**DATA FOR THE TASK**
Segment Open

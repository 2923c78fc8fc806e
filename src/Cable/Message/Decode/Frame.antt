-- ===== src/Cable/Message/Decode/Frame.antt =====
-- The frame of a message on a stream: what `count_from_bytes`, as the stream decoder does, takes for
-- the extent of an encoded message.
use cable_rs.Base.{ℕ, ◌+◌, ◌-◌, ◌<◌, ◌≡◌, ◌↔◌, ap, ◌∙◌, List, [], ◌∷◌, length, arith, some}
use cable_rs.Cable.Error.{ok}
use cable_rs.Cable.Message.{Message}
use cable_rs.Cable.Message.Encode.{to_bytes, message_size, count_bytes, msg_len}
use cable_rs.Cable.Message.Encode.Bytes.{
  IsWritable, message_bytes, payload_bytes, msg_len_facts, count_bytes_lem, count_bytes_pos,
}
use cable_rs.Cable.Message.Encode.Written.{message_to_bytes_lem}
use cable_rs.Cable.Message.Decode.{count_from_bytes}
use cable_rs.Cable.Desert.{Desert, DesertLaws}

module _ (v : Desert) (laws : DesertLaws v) where
  count_from_bytes-decode :
      (bs : List ℕ) (s n : ℕ)
      → 0 < length bs
      → v.decode bs ≡ some (s, n)
      → count_from_bytes v bs ≡ ok (s + n)
  unfolding count_from_bytes
  count_from_bytes-decode [] s n h e = absurd (omega arith)
  count_from_bytes-decode (b ∷ bs) s n h e = rw (e, count_from_bytes)

  -- What the length field of an encoded message announces.
  count_from_bytes-message :
      (m : Message)
      → IsWritable v m
      → count_from_bytes v (message_bytes v m) ≡ ok (v.size (message_size v m) + msg_len v m)
  count_from_bytes-message m h =
      let (same, split, fits, _) = msg_len_facts v laws m h in
      let (_, size) = message_to_bytes_lem v laws m h in
      count_from_bytes-decode (message_bytes v m) (v.size (msg_len v m)) (msg_len v m)
        (omega (arith, size, count_bytes_pos v laws m h))
        (laws.decode-encode (msg_len v m) (payload_bytes v m) fits)
      ∙ ap (λ (n : ℕ). ok (n + msg_len v m)) same

  -- A writable message can be encoded, and the frame that count_from_bytes announces for its
  -- bytes is exact where the count of all the bytes needs as many bytes for a varint as the count
  -- without the length field, and only there; in general it is less by the difference.
  pub frame-exact_iff :
      (m : Message)
      → IsWritable v m
      → (bs : List ℕ) × (to_bytes v m ≡ ok bs)
        × (count_from_bytes v bs
            ≡ ok (length bs + v.size (message_size v m) - v.size (count_bytes v m)))
        × ((count_from_bytes v bs ≡ ok (length bs))
            ↔ (v.size (count_bytes v m) ≡ v.size (message_size v m)))
  frame-exact_iff m h =
      let (e, size) = message_to_bytes_lem v laws m h in
      let (_, split, _, _) = msg_len_facts v laws m h in
      let read = count_from_bytes-message m h in
      let sum = count_bytes_lem v laws m in
      (
        message_bytes v m,
        e,
        read ∙ ap ok (omega (arith, size, split)),
        (
          λ exact. ground (arith, exact, read, size, split),
          λ same. read ∙ ap ok (omega (arith, size, split)),
        ),
      )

Segment Closed

**INSTRUCTIONS TO FOLLOW**
Filter the records above down to the lines containing "read".

**ANSWER TO THIS PROBLEM**
      let read = count_from_bytes-message m h in
        read ∙ ap ok (omega (arith, size, split)),
          λ exact. ground (arith, exact, read, size, split),
          λ same. read ∙ ap ok (omega (arith, size, split)),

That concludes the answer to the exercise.